RTL auf Sparkurs (Archiv)

RTL auf Sparkurs (Archiv)

Die anhaltende Flaute auf den Werbemärkten hat Europas grösstem Fernsehkonzern RTL Group einen strikten Sparkurs aufgezwungen. Im ersten Halbjahr 2009 ist der Umsatz wegen weggebrochener Werbeeinnahmen um 9,6 Prozent auf 2,59 Mrd. Euro gesunken.

Das Ergebnis vor Zinsen, Steuern und Firmenwertabschreibungen (EBITA) fiel von 502 auf 318 Mio.
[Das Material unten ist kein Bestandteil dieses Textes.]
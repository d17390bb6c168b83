-- ===== src/Http/Head/Chars.antt =====
-- `ParseHeadLine` of pink/src/http_conn.cc on the parts of a line.
use pink.Base.{
  ℕ, ◌≡◌, refl, sym, ap, ◌∙◌, ◌≢◌, [], ◌∷◌, ◌++◌, append_assoc, append-nil, arith, ◌==◌, not, ◌&&◌,
  if◌then◌else◌,
}
use pink.PubSub.Tables.{Bytes}
use pink.Http.Fields.{Fields, set_field}
use pink.Http.Head.{
  RequestParserStatus, header_method, header_path, header_version, header_param_key,
  header_param_value, Head, Line, parse_char, parse_chars, parse_head_line,
}

abbrev pub crlf : Bytes
crlf = 13 ∷ 10 ∷ []

-- No end of a line and no 0.
abbrev pub Value : Bytes → Type 0
Value [] = Unit {0}
Value (c ∷ s) = (c ≢ 13) × (c ≢ 10) × (c ≢ 0) × Value s

-- Besides, no space.
abbrev pub Word : Bytes → Type 0
Word [] = Unit {0}
Word (c ∷ s) = (c ≢ 32) × (c ≢ 13) × (c ≢ 10) × (c ≢ 0) × Word s

-- Besides, no ':'.
abbrev pub Key : Bytes → Type 0
Key [] = Unit {0}
Key (c ∷ s) = (c ≢ 58) × (c ≢ 32) × (c ≢ 13) × (c ≢ 10) × (c ≢ 0) × Key s

abbrev pub head_of : Bytes → Bytes → Bytes → Fields → RequestParserStatus → Head
head_of m u v fs st = record { method = m; url = u; version = v; headers = fs; parse_status = st }

abbrev line_of : Head → Bytes → Bytes → Line
line_of h k v = record { head = h; param_key = k; param_value = v }

if_ne {ℓ} : {A : Type ℓ} (c d : ℕ) (x y : A) → c ≢ d → (if not (c == d) then x else y) ≡ x
if_ne c d x y h = ground arith

if_neither {ℓ} :
    {A : Type ℓ} (c d e : ℕ) (x y : A)
    → c ≢ d
    → c ≢ e
    → (if not (c == d) && not (c == e) then x else y) ≡ x
if_neither c d e x y h k = ground arith

module _ (string_to_lower : Bytes → Bytes) where
  parse_chars-append :
      (xs ys : Bytes) (l : Line)
      → parse_chars string_to_lower (xs ++ ys) l
        ≡ parse_chars string_to_lower ys (parse_chars string_to_lower xs l)
  unfolding parse_chars
  parse_chars-append [] ys l = refl
  parse_chars-append (x ∷ xs) ys l = parse_chars-append xs ys (parse_char string_to_lower x l)

  method_chars :
      (s m u v : Bytes) (fs : Fields) (k w : Bytes)
      → Word s
      → parse_chars string_to_lower s (line_of (head_of m u v fs header_method) k w)
        ≡ line_of (head_of (m ++ s) u v fs header_method) k w
  unfolding parse_chars parse_char
  method_chars [] m u v fs k w h =
      ap (λ x. line_of (head_of x u v fs header_method) k w) (sym (append-nil m))
  method_chars (c ∷ s) m u v fs k w h =
      ap (parse_chars string_to_lower s) (if_ne c 32 _ _ h.0)
      ∙ method_chars s (m ++ c ∷ []) u v fs k w h.4
      ∙ ap (λ x. line_of (head_of x u v fs header_method) k w) (append_assoc m (c ∷ []) s)

  url_chars :
      (s m u v : Bytes) (fs : Fields) (k w : Bytes)
      → Word s
      → parse_chars string_to_lower s (line_of (head_of m u v fs header_path) k w)
        ≡ line_of (head_of m (u ++ s) v fs header_path) k w
  unfolding parse_chars parse_char
  url_chars [] m u v fs k w h =
      ap (λ x. line_of (head_of m x v fs header_path) k w) (sym (append-nil u))
  url_chars (c ∷ s) m u v fs k w h =
      ap (parse_chars string_to_lower s) (if_ne c 32 _ _ h.0)
      ∙ url_chars s m (u ++ c ∷ []) v fs k w h.4
      ∙ ap (λ x. line_of (head_of m x v fs header_path) k w) (append_assoc u (c ∷ []) s)

  version_chars :
      (s m u v : Bytes) (fs : Fields) (k w : Bytes)
      → Value s
      → parse_chars string_to_lower s (line_of (head_of m u v fs header_version) k w)
        ≡ line_of (head_of m u (v ++ s) fs header_version) k w
  unfolding parse_chars parse_char
  version_chars [] m u v fs k w h =
      ap (λ x. line_of (head_of m u x fs header_version) k w) (sym (append-nil v))
  version_chars (c ∷ s) m u v fs k w h =
      ap (parse_chars string_to_lower s) (if_neither c 13 10 _ _ h.0 h.1)
      ∙ version_chars s m u (v ++ c ∷ []) fs k w h.3
      ∙ ap (λ x. line_of (head_of m u x fs header_version) k w) (append_assoc v (c ∷ []) s)

  chars_of_Key :
      (s m u v : Bytes) (fs : Fields) (k w : Bytes)
      → Key s
      → parse_chars string_to_lower s (line_of (head_of m u v fs header_param_key) k w)
        ≡ line_of (head_of m u v fs header_param_key) (k ++ s) w
  unfolding parse_chars parse_char
  chars_of_Key [] m u v fs k w h =
      ap (λ x. line_of (head_of m u v fs header_param_key) x w) (sym (append-nil k))
  chars_of_Key (c ∷ s) m u v fs k w h =
      ap (parse_chars string_to_lower s) (if_neither c 58 32 _ _ h.0 h.1)
      ∙ chars_of_Key s m u v fs (k ++ c ∷ []) w h.5
      ∙ ap (λ x. line_of (head_of m u v fs header_param_key) x w) (append_assoc k (c ∷ []) s)

  chars_of_Value :
      (s m u v : Bytes) (fs : Fields) (k w : Bytes)
      → Value s
      → parse_chars string_to_lower s (line_of (head_of m u v fs header_param_value) k w)
        ≡ line_of (head_of m u v fs header_param_value) k (w ++ s)
  unfolding parse_chars parse_char
  chars_of_Value [] m u v fs k w h =
      ap (λ x. line_of (head_of m u v fs header_param_value) k x) (sym (append-nil w))
  chars_of_Value (c ∷ s) m u v fs k w h =
      ap (parse_chars string_to_lower s) (if_neither c 13 10 _ _ h.0 h.1)
      ∙ chars_of_Value s m u v fs k (w ++ c ∷ []) h.3
      ∙ ap (λ x. line_of (head_of m u v fs header_param_value) k x) (append_assoc w (c ∷ []) s)

  -- The first line, "method url version\r\n".
  pub parse_head_line-request :
      (m u v : Bytes)
      → Word m
      → Word u
      → Value v
      → parse_head_line string_to_lower
          (m ++ 32 ∷ (u ++ 32 ∷ (v ++ crlf)))
          (head_of [] [] [] [] header_method)
        ≡ head_of m u v [] header_param_key
  unfolding parse_head_line parse_chars parse_char
  parse_head_line-request m u v hm hu hv =
      let run = parse_chars string_to_lower in
      ap (λ l. l.head)
        (parse_chars-append m (32 ∷ (u ++ 32 ∷ (v ++ crlf)))
            (line_of (head_of [] [] [] [] header_method) [] [])
          ∙ ap (run (32 ∷ (u ++ 32 ∷ (v ++ crlf)))) (method_chars m [] [] [] [] [] [] hm)
          ∙ parse_chars-append u (32 ∷ (v ++ crlf)) (line_of (head_of m [] [] [] header_path) [] [])
          ∙ ap (run (32 ∷ (v ++ crlf))) (url_chars u m [] [] [] [] [] hu)
          ∙ parse_chars-append v crlf (line_of (head_of m u [] [] header_version) [] [])
          ∙ ap (run crlf) (version_chars v m u [] [] [] [] hv))

  -- A line "key: value\r\n".
  pub parse_head_line-field :
      (k w m u v : Bytes) (fs : Fields)
      → Key k
      → Value w
      → parse_head_line string_to_lower
          (k ++ 58 ∷ 32 ∷ (w ++ crlf))
          (head_of m u v fs header_param_key)
        ≡ head_of m u v (set_field (string_to_lower k) w fs) header_param_key
  unfolding parse_head_line parse_chars parse_char
  parse_head_line-field k w m u v fs hk hw =
      let run = parse_chars string_to_lower in
      ap (λ l. l.head)
        (parse_chars-append k (58 ∷ 32 ∷ (w ++ crlf))
            (line_of (head_of m u v fs header_param_key) [] [])
          ∙ ap (run (58 ∷ 32 ∷ (w ++ crlf))) (chars_of_Key k m u v fs [] [] hk)
          ∙ parse_chars-append w crlf (line_of (head_of m u v fs header_param_value) k [])
          ∙ ap (run crlf) (chars_of_Value w m u v fs k [] hw))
Euro. 68 Prozent des Umsatzrückgangs seien mit Einsparungen im Wert von 198 Mio. Euro vor allem bei Programmkosten wieder aufgefangen worden, sagte RTL-Chef Gerhard Zeiler.

Der Sparkurs werde aber auch im zweiten Halbjahr gehalten, betonte er ohne Zielvorgaben zu nennen. Die Absicht sei es, die im ersten Halbjahr noch einmal gestiegenen Marktanteile bei den Zuschauern trotz des Kostendrucks zu halten. Investitionen in erfolgreiche Internetaktivitäten sowie in den Produktionsarm Fremantle Media ("American Idol") gingen weiter. Auch in neue Technologien wie das hochauflösende Fernsehen HDTV will Zeiler weiter investieren.

Unter dem Strich blieb wegen hoher Firmenwertabschreibungen vor allem auf die britische Tochter Five und den schwer von der Werbeflaute getroffenen griechischen Sender Alpha im Konzern ein Nettoverlust von 62 Mio. Euro.

Zum gleichen Zeitpunkt des Vorjahres hatte RTL mit seinen mehr als 70 Radio- und TV-Sendern in elf Ländern Europas und seinen weltweit agierenden TV- Produktionsfirmen 391 Mio. Euro Nettogewinn gemacht. "Ich bin davon überzeugt, dass am Ende dieses Jahres wieder ein Nettogewinn steht", sagte Zeiler. RTL gehört zu 90,3 Prozent zum Gütersloher Bertelsmann-Konzern.